By the late 1970s, after Rubin and her colleagues had observed dozens of spirals, it was clear that something other than the visible mass was responsible for the stars’ motions. Analysis showed that each spiral galaxy is embedded in a spheroidal distribution of dark matter — a “halo.” The matter is not luminous, it extends beyond the optical galaxy, and it contains 5 to 10 times as much mass as the luminous galaxy. The stars’ response to the gravitational attraction of the matter produces the high velocities. As a result of Rubin’s groundbreaking work, it has become apparent that more than 90% of the universe is composed of dark matter. Defining it is one of astronomy’s most important pursuits.

During the 1970s, Rubin and DTM collaborators Ford, Norbert Thonnard, and John Graham were among the first astronomers to examine the systemic velocities of galaxies to see if there are large-scale motions of galaxies, superposed on the general expansion of the universe. Their early work, and more recent work by others, suggests that such motions exist. Accurate details of these motions require large data sets for thousands of galaxies. Several large astronomical consortia are now making extensive observations to address this question.
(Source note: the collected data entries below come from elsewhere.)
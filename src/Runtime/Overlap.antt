-- ===== src/Runtime/Overlap.antt =====
-- The test of a range against the pointer words of a write (overlaps_pointer in
-- collect_string_groups of src/runtime_enrich_core.cpp).
use viy.Base.{
  ℕ, zero, suc, ◌+◌, ◌-◌, ◌%◌, ◌≤◌, ◌<◌, ◌≡◌, refl, Bool, false, not, ◌&&◌, ◌||◌, inl, inr, some,
  List, [], ◌∷◌, arith, length, take, drop, ltb, leb, ◌==◌, Bool-cases, Option-cases, if_rule,
}
use viy.Runtime.Candidates.{StringScanOptions}
use viy.Runtime.Pointers.{AddrRange, is_pointer}
use viy.Runtime.Writes.{MemoryBytes}
use viy.Runtime.Scan.{
  word, word_offsets, no_ranges, pointer_offsets, offset_from, offset_before, overlaps_pointer,
}

-- Some word of `width` bytes has a byte in common with the `size` bytes from `start`.
unfoldable pub meets : ℕ → ℕ → ℕ → ℕ → Bool
meets width start size off = ltb off (start + size) && ltb start (off + width)

unfoldable pub any_meets : ℕ → ℕ → ℕ → List ℕ → Bool
unfolding meets
any_meets width start size [] = false
any_meets width start size (off ∷ offsets) =
    meets width start size off || any_meets width start size offsets

unfoldable Ascends : ℕ → List ℕ → Type 0
Ascends lo [] = Unit
Ascends lo (off ∷ offsets) = (lo ≤ off) × Ascends off offsets

lower_start : (lo hi : ℕ) (offsets : List ℕ) → lo ≤ hi → Ascends hi offsets → Ascends lo offsets
unfolding Ascends
lower_start lo hi [] le h = tt
lower_start lo hi (off ∷ offsets) le (l, h) = (omega arith, h)

word_offsets-Ascends :
    (fuel : ℕ) (big_endian : Bool) (width : ℕ) (mapped : List AddrRange) (bytes : List ℕ) (off : ℕ)
    → Ascends off (word_offsets fuel big_endian width mapped bytes off)
unfolding word_offsets Ascends
word_offsets-Ascends zero big_endian width mapped bytes off = tt
word_offsets-Ascends (suc fuel) big_endian width mapped bytes off =
    let above = word_offsets-Ascends fuel big_endian width mapped bytes (off + width) in
    let rest = lower_start off (off + width) _ (omega arith) above in
    if_rule (Ascends off) (ltb off (length bytes) && leb width (length bytes - off)) _ _
      (λ inside.
        if_rule (Ascends off) (is_pointer mapped (word big_endian (take width (drop off bytes)))) _
          _ (λ yes. (omega arith, rest)) (λ no. rest))
      (λ outside. tt)

far :
    (width start size off : ℕ) (offsets : List ℕ)
    → Ascends off offsets
    → start + size ≤ off
    → any_meets width start size offsets ≡ false
unfolding any_meets meets Ascends
far width start size off [] h le = refl
far width start size off (o ∷ offsets) (l, h) le =
    let rest = far width start size o offsets h (omega arith) in
    let e : ltb o (start + size) ≡ false = ground arith in rw (e, rest) refl

before_above :
    (start off o : ℕ) (offsets : List ℕ)
    → Ascends off offsets
    → offset_before start offsets ≡ some o
    → (off ≤ o) × (o < start)
unfolding offset_before Ascends
before_above start off o [] h e = ground arith
before_above start off o (p ∷ offsets) (l, h) e =
    elim (Option-cases (offset_before start offsets)) [
      | inl f ↦ ground arith
      | inr (q, f) ↦ ground (arith, before_above start p q offsets h f)
    ]

no_pointers :
    (width start size : ℕ) → overlaps_pointer [] width start size ≡ any_meets width start size []
unfolding overlaps_pointer any_meets
no_pointers width start size = refl

overlap_found :
    (width start size lo : ℕ) (offsets : List ℕ)
    → 0 < width
    → Ascends lo offsets
    → overlaps_pointer offsets width start size ≡ any_meets width start size offsets
unfolding overlaps_pointer offset_from offset_before any_meets meets Ascends
overlap_found width start size lo [] pos h = refl
overlap_found width start size lo (off ∷ offsets) pos (l, h) = elim (Bool-cases (ltb off start)) [
  | inl before ↦ elim (Option-cases (offset_before start offsets)) [
    | inl e ↦ ground (arith, overlap_found width start size off offsets pos h)
    | inr (o, e) ↦ ground (
      arith,
      overlap_found width start size off offsets pos h,
      before_above start off o offsets h e,
    )
  ]
  | inr after ↦ elim (Bool-cases (leb (start + size) off)) [
    | inl beyond ↦ ground (arith, far width start size off offsets h (ground arith))
    | inr near ↦ ground arith
  ]
]

-- The two searches find out whether a range has a byte in common with any pointer word of
-- a write, for every range.
pub overlaps_pointer-pointer_offsets :
    (options : StringScanOptions) (mapped : List AddrRange) (o : MemoryBytes) (start size : ℕ)
    → overlaps_pointer (pointer_offsets options mapped o) options.pointer_width start size
      ≡ any_meets options.pointer_width start size (pointer_offsets options mapped o)
unfolding pointer_offsets
overlaps_pointer-pointer_offsets options mapped o start size =
    let width = options.pointer_width in
    if_rule
      (λ offsets. overlaps_pointer offsets width start size ≡ any_meets width start size offsets)
      (not (no_ranges mapped) && (width == 4 || width == 8)) _ _
      (λ words. overlap_found width start size _ _ (ground arith) (
        word_offsets-Ascends (length o.bytes) options.image_big_endian width mapped o.bytes
          ((width - o.addr % width) % width)))
      (λ no_words. no_pointers width start size)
This is an image of the Andromeda galaxy (M31), the companion spiral to our own, copied from the Palomar Sky Survey. The measured optical velocities from ionized gas clouds are indicated as open and filled circles. Velocities from neutral hydrogen radio observations are shown as filled triangles. Note that the velocities remain high far beyond the optical disk.

(Montage by Vera Rubin and Janice Dunlap, based on Roberts.)

Recently Rubin has been observing low-surfacebrightness galaxies, objects that are fainter than the night sky. In these galaxies, the stars contribute little to the total mass; most of the mass is composed of dark matter. Because the inner rise of the rotation curve will differ depending upon the properties of the dark matter, Rubin and colleagues are using their observations to attempt to discriminate between various models for the composition of the dark halos.

SELECTED PUBLICATIONS

• Swaters R. A., and V. C. Rubin. 2003. Stellar motions in the Polar Ring Galaxy NGC 4650A, Astrophys. J. Lett., 587, L23.
  
  
• Rubin, V. C. 2002. Why does an optical astronomer study something she cannot see? in Beyond Earth: Mapping the Universe, D. DeVorkin, ed., Washington, D.C., National Geographic Press, pp. 186-203.
  
  
• de Blok, W. J. G., S. McGaugh, A. Bosma, and V. C. Rubin. 2001. Mass density profiles of low surface brightness galaxies, Astrophys. J. Lett. 552, L23.
  
  
• Rubin, V. C., and J. Haltiwanger. 2001. Disturbed kinematics in Virgo Cluster spirals, in Galaxy Disks and Disk Galaxies, ASP Conference Series 230, J. G. Funes and E. M. Corsini, eds., pp. 421-424, Astronomical Society of the Pacific, San Francisco.
  
  
• Sofue, Y., and V. C. Rubin. 2001. Rotation curves of spiral galaxies, Annu. Rev.
  Astron. Astr. 39, 137.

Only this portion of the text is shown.